** Records shown follows **

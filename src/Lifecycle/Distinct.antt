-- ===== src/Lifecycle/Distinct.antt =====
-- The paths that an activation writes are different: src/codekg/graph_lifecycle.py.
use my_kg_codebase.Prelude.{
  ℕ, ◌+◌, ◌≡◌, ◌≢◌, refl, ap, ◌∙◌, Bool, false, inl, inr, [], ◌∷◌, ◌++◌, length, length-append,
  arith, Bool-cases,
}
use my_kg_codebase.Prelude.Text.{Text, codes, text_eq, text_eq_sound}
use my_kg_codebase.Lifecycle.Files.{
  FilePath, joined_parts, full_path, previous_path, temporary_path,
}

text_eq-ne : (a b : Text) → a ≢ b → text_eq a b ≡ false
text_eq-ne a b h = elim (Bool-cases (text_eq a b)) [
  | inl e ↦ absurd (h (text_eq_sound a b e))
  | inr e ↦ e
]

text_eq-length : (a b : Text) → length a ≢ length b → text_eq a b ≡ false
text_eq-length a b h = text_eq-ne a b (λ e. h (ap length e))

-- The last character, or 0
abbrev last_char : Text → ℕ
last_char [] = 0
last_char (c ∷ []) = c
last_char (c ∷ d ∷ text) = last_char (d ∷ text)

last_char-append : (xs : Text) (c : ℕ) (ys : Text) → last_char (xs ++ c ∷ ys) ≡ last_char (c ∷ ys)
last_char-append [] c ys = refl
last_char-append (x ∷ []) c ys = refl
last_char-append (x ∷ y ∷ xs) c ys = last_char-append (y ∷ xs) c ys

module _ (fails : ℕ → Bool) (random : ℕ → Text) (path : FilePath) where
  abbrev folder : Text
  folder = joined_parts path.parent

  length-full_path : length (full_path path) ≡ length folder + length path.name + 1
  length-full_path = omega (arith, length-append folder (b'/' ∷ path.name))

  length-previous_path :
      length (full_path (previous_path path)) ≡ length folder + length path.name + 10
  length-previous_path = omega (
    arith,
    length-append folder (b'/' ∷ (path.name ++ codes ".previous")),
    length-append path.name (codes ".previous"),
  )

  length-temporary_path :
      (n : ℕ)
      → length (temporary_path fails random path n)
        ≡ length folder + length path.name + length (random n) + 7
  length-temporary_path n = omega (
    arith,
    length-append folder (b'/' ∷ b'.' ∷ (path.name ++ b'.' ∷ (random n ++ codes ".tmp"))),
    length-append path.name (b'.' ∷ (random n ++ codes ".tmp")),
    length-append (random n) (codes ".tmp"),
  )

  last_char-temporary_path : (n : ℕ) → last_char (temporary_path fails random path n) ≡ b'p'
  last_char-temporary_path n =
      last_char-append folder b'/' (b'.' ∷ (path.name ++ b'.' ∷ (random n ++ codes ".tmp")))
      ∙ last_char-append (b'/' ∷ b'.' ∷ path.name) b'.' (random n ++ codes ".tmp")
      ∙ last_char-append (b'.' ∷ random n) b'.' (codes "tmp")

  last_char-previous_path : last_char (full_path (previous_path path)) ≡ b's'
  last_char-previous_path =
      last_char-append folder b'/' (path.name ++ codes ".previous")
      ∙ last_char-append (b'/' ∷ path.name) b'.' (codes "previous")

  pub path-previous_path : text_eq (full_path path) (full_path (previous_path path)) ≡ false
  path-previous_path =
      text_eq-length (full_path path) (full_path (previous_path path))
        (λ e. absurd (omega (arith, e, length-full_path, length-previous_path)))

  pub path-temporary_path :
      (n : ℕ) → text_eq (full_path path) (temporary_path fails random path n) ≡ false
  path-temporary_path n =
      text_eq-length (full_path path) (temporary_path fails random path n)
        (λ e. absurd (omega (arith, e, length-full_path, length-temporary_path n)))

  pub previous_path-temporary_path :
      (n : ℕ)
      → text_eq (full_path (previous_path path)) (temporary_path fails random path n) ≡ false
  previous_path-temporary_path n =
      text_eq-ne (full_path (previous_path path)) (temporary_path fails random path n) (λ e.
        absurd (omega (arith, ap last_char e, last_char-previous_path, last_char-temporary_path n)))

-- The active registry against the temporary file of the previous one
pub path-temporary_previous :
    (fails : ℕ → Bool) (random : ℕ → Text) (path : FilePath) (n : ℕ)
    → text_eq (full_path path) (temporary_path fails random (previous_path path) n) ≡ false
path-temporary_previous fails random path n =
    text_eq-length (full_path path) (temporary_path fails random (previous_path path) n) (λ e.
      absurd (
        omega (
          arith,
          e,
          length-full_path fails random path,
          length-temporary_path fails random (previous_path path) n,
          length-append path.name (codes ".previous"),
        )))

** End of Records shown **
** Records shown follows **

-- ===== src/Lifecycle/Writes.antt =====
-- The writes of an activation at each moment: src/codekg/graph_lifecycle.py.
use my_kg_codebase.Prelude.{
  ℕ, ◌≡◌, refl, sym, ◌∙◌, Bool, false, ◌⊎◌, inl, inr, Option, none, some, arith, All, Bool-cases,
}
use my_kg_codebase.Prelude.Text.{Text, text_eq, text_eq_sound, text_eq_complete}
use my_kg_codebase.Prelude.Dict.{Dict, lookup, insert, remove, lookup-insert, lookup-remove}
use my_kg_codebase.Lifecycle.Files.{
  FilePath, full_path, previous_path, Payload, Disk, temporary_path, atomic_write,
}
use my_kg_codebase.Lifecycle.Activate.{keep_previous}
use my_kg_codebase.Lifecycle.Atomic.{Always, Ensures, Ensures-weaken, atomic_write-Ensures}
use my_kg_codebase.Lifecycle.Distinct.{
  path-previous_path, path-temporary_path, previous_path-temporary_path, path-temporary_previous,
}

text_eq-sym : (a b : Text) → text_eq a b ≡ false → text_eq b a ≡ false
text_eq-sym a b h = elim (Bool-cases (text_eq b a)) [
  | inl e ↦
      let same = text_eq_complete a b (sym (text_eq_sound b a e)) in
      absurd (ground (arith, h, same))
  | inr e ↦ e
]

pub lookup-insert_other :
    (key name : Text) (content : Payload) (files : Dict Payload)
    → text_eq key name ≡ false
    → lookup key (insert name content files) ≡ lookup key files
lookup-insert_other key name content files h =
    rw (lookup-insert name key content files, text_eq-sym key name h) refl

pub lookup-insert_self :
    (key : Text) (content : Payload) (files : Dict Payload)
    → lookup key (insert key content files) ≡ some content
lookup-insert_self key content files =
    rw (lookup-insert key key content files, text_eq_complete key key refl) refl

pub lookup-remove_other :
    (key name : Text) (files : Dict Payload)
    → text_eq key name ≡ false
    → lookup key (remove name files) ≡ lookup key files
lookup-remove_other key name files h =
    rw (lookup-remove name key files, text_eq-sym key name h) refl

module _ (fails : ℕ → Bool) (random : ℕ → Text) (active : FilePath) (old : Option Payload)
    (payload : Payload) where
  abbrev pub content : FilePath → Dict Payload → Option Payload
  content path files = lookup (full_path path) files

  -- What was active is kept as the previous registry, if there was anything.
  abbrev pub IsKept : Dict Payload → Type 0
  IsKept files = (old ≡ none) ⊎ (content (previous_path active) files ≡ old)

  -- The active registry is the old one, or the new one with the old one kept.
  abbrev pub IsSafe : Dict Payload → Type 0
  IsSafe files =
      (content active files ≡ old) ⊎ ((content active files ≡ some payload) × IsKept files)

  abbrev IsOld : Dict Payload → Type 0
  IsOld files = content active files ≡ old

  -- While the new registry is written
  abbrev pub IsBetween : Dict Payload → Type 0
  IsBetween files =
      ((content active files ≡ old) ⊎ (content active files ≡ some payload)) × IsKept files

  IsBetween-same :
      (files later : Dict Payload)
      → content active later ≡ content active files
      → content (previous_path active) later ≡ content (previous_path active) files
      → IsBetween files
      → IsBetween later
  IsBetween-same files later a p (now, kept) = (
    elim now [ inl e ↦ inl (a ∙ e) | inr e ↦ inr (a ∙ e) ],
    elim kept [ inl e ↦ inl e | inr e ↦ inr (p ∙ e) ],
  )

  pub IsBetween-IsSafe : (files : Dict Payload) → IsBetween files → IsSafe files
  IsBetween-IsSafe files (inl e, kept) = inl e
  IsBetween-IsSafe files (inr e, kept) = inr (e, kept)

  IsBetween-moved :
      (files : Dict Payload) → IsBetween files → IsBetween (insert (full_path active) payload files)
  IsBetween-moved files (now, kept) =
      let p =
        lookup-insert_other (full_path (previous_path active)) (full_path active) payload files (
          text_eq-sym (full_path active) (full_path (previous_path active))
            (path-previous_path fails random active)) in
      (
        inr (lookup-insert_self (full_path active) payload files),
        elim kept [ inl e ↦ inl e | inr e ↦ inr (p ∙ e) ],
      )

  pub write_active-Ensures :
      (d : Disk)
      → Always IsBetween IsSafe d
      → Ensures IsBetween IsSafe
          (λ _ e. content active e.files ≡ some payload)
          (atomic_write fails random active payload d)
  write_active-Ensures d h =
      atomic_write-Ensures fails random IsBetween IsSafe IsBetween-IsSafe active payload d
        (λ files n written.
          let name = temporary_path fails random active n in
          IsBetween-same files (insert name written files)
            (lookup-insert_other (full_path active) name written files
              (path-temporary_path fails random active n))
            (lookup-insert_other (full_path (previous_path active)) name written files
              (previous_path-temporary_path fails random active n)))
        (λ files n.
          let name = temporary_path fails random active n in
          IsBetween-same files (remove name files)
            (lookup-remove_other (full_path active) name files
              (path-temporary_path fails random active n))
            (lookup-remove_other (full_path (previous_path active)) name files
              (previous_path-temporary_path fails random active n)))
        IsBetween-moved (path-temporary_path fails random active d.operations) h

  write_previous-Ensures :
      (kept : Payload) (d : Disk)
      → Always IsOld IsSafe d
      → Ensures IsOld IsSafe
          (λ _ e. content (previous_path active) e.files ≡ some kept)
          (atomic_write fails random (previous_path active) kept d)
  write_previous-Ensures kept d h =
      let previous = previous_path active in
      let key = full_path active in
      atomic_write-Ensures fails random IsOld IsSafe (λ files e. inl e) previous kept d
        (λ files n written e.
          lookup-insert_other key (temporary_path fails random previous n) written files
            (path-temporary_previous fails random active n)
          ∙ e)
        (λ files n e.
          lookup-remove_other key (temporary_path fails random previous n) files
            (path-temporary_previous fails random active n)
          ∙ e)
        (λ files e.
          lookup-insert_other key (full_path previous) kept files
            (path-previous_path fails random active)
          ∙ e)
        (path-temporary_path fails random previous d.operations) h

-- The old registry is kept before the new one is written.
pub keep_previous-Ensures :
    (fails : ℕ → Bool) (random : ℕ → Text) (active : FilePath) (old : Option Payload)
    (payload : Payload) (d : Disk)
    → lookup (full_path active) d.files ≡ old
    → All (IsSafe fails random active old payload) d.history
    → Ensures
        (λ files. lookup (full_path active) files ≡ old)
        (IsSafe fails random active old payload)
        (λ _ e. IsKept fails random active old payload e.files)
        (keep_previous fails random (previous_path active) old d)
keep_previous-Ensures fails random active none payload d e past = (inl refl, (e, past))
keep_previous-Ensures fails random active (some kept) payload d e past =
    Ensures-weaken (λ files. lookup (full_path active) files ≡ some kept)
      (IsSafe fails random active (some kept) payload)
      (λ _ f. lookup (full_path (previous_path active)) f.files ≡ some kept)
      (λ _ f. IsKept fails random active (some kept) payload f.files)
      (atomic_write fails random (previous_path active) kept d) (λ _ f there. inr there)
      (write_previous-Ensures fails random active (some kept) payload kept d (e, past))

** End of Records shown **

» Instructions for the task
Once you find the line with "text_eq-sym a b" above, print it and every line after it up to and including the line with "lookup-insert_other key name", exactly as written and nothing else.

» Exercise response
text_eq-sym a b h = elim (Bool-cases (text_eq b a)) [
  | inl e ↦
      let same = text_eq_complete a b (sym (text_eq_sound b a e)) in
      absurd (ground (arith, h, same))
  | inr e ↦ e
]

pub lookup-insert_other :
    (key name : Text) (content : Payload) (files : Dict Payload)
    → text_eq key name ≡ false
    → lookup key (insert name content files) ≡ lookup key files
lookup-insert_other key name content files h =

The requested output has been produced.